Which lines of the records below contain the string "then"? Report each of them.

───── DATASET RECORDS

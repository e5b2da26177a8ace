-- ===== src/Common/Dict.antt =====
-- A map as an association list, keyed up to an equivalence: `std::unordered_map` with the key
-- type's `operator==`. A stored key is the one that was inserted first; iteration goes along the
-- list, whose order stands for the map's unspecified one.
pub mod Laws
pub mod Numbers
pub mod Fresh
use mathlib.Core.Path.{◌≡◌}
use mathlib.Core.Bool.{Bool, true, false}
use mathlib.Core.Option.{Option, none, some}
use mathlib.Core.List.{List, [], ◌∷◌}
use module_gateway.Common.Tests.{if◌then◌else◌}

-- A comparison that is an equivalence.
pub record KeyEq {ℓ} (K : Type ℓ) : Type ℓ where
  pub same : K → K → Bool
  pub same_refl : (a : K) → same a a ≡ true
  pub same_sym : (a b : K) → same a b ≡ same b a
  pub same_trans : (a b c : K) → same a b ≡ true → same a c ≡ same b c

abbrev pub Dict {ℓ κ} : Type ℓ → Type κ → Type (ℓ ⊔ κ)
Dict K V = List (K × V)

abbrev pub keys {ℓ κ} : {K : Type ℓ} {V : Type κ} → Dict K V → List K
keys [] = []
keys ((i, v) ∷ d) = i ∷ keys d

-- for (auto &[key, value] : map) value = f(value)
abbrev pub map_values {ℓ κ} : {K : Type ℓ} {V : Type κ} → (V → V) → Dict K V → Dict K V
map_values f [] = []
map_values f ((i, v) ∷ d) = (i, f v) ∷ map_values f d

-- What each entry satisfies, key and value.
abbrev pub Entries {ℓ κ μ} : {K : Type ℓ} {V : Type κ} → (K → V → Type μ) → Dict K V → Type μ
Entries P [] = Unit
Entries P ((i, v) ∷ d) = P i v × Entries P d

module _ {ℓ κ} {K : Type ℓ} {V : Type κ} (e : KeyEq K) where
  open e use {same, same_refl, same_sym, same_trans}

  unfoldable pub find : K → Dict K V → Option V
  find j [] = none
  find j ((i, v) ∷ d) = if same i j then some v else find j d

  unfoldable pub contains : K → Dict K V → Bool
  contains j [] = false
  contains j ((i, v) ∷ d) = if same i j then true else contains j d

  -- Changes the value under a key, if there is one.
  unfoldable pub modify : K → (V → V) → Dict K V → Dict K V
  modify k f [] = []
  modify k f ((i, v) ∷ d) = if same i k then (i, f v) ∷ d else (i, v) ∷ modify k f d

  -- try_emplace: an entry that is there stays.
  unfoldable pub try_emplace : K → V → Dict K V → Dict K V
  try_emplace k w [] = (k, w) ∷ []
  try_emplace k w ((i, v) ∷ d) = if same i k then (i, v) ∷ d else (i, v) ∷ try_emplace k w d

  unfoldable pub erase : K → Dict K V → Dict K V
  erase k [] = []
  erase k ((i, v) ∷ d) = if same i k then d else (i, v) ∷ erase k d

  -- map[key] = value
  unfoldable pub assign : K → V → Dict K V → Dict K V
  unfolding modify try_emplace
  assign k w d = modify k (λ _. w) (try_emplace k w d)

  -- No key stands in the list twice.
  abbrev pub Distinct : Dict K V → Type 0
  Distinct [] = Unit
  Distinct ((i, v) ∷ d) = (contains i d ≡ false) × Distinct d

──────────
───── DATASET RECORDS

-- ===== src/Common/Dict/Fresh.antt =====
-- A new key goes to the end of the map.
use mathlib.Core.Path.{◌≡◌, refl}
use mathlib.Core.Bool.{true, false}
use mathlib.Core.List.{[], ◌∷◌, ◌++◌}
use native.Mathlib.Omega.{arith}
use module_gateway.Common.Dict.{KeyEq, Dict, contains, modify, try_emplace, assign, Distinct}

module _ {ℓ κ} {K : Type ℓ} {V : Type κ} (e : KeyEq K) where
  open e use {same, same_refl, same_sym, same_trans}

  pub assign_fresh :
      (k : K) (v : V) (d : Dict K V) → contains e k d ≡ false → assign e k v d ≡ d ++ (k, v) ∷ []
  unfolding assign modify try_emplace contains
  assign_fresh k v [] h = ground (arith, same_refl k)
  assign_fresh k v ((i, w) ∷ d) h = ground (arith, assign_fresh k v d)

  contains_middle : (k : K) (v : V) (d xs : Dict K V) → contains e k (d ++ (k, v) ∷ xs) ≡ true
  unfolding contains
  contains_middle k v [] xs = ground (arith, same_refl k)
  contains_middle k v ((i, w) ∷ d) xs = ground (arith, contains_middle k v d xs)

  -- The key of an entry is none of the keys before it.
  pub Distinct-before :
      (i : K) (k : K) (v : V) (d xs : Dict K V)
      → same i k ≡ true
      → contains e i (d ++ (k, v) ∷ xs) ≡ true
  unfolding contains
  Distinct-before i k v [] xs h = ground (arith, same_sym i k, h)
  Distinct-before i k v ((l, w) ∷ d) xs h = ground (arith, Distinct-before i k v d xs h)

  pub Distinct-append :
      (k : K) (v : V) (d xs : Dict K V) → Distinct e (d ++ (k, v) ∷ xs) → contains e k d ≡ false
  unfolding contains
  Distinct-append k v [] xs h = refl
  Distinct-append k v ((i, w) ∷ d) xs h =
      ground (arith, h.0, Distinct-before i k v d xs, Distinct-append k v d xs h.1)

──────────
───── DATASET RECORDS

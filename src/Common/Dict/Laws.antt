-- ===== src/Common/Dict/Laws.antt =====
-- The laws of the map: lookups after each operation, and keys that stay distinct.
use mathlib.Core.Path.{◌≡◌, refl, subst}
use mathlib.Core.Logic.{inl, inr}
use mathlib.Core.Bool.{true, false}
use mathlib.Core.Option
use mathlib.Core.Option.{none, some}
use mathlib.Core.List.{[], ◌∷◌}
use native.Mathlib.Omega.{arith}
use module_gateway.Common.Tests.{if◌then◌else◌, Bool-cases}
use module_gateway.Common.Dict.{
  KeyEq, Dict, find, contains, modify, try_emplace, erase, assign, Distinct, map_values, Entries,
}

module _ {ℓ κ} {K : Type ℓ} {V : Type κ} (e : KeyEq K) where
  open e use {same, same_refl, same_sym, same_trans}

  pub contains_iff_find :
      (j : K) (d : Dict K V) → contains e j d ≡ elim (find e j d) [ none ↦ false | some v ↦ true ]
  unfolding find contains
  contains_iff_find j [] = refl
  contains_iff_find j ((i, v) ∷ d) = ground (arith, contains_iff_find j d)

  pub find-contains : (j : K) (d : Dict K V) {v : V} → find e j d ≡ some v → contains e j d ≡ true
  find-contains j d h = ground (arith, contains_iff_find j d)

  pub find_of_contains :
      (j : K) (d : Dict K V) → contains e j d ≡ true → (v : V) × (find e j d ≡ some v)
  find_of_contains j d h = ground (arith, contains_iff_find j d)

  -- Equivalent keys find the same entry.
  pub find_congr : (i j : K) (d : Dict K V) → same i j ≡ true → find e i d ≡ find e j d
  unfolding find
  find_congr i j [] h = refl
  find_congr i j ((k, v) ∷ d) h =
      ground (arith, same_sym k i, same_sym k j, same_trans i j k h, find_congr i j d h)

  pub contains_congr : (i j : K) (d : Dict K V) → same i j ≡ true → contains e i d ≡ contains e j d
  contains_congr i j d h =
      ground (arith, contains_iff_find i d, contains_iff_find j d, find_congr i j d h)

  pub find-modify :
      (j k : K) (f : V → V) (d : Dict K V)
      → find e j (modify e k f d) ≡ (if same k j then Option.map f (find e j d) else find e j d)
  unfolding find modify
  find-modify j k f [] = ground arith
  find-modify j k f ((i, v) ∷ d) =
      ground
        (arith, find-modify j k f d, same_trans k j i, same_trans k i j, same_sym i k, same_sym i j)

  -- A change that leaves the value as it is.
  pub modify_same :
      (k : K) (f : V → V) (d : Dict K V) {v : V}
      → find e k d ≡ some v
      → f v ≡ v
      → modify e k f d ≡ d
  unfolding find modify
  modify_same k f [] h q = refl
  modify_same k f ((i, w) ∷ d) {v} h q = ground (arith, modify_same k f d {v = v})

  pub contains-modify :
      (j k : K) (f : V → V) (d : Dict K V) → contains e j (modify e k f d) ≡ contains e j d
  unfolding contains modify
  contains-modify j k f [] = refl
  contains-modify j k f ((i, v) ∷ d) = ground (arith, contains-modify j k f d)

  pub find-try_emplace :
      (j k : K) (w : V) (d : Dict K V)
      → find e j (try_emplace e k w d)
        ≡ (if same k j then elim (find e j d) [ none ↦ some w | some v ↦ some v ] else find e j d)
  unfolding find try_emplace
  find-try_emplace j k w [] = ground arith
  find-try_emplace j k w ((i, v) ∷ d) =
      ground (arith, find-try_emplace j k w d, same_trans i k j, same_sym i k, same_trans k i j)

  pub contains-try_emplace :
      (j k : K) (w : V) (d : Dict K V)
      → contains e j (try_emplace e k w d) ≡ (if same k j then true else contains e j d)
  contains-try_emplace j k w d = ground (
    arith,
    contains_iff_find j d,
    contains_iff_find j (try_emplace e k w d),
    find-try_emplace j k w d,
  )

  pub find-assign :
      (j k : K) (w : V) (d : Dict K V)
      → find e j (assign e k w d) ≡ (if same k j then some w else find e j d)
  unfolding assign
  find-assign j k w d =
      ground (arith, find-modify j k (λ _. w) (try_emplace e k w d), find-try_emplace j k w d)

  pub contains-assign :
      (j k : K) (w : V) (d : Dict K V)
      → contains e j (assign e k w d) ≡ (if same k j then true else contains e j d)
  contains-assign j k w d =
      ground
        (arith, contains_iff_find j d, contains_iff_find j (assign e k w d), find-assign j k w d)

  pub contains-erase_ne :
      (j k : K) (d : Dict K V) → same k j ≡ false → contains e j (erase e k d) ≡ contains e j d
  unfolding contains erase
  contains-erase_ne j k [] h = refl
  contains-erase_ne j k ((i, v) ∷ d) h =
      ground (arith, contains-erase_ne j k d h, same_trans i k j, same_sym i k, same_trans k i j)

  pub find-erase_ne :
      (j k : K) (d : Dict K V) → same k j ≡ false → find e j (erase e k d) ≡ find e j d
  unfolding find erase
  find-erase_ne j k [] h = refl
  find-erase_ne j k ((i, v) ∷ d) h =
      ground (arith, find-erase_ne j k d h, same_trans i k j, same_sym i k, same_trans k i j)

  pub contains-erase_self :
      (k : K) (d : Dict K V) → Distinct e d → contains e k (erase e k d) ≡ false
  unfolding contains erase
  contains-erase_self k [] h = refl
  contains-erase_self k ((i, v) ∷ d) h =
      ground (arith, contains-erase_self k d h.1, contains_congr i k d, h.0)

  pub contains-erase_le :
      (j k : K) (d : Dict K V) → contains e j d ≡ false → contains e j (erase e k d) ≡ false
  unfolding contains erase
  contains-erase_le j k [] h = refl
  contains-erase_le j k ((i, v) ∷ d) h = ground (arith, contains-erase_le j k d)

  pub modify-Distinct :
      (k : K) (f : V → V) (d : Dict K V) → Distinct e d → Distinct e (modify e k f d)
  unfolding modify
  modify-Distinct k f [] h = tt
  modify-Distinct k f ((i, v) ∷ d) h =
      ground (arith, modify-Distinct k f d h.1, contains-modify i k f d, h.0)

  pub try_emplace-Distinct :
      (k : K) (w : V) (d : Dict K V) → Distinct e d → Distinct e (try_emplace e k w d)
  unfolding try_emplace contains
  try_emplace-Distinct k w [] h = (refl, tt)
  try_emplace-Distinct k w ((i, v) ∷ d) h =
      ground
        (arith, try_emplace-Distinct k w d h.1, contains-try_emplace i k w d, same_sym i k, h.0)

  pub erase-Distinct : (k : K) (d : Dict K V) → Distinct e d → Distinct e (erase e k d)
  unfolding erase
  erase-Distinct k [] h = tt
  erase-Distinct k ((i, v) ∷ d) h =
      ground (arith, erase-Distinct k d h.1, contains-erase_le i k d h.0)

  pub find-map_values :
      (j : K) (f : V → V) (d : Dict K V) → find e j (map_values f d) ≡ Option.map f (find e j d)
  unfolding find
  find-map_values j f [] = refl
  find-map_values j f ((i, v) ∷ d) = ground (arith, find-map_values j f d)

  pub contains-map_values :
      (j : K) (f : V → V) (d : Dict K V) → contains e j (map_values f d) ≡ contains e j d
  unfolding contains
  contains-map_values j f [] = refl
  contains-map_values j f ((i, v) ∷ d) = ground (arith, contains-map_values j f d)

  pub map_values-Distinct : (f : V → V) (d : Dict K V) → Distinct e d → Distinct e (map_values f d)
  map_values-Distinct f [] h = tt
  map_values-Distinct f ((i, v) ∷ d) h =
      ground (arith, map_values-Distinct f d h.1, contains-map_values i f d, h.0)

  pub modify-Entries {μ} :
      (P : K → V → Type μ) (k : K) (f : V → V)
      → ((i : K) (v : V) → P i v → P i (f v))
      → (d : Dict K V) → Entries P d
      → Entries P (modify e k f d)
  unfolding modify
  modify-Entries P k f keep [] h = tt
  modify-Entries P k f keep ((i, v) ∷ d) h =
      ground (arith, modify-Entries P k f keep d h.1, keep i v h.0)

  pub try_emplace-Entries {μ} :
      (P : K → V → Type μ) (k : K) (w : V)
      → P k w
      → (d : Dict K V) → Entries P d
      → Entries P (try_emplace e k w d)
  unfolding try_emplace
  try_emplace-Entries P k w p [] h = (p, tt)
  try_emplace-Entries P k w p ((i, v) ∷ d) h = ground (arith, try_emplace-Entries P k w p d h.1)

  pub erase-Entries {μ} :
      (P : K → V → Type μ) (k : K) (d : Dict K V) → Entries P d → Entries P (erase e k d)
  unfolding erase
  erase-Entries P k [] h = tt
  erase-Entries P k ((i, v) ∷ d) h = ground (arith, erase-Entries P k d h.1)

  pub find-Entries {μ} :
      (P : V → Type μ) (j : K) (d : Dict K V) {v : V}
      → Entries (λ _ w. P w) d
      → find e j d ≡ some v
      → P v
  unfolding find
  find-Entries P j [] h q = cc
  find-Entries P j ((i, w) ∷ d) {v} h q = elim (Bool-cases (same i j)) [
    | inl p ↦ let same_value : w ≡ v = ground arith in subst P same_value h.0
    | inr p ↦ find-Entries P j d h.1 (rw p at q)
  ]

──────────

## ANSWER BOX
use module_gateway.Common.Tests.{if◌then◌else◌}
  find j ((i, v) ∷ d) = if same i j then some v else find j d
  contains j ((i, v) ∷ d) = if same i j then true else contains j d
  modify k f ((i, v) ∷ d) = if same i k then (i, f v) ∷ d else (i, v) ∷ modify k f d
  try_emplace k w ((i, v) ∷ d) = if same i k then (i, v) ∷ d else (i, v) ∷ try_emplace k w d
  erase k ((i, v) ∷ d) = if same i k then d else (i, v) ∷ erase k d
use module_gateway.Common.Tests.{if◌then◌else◌, Bool-cases}
      → find e j (modify e k f d) ≡ (if same k j then Option.map f (find e j d) else find e j d)
        ≡ (if same k j then elim (find e j d) [ none ↦ some w | some v ↦ some v ] else find e j d)
      → contains e j (try_emplace e k w d) ≡ (if same k j then true else contains e j d)
      → find e j (assign e k w d) ≡ (if same k j then some w else find e j d)
      → contains e j (assign e k w d) ≡ (if same k j then true else contains e j d)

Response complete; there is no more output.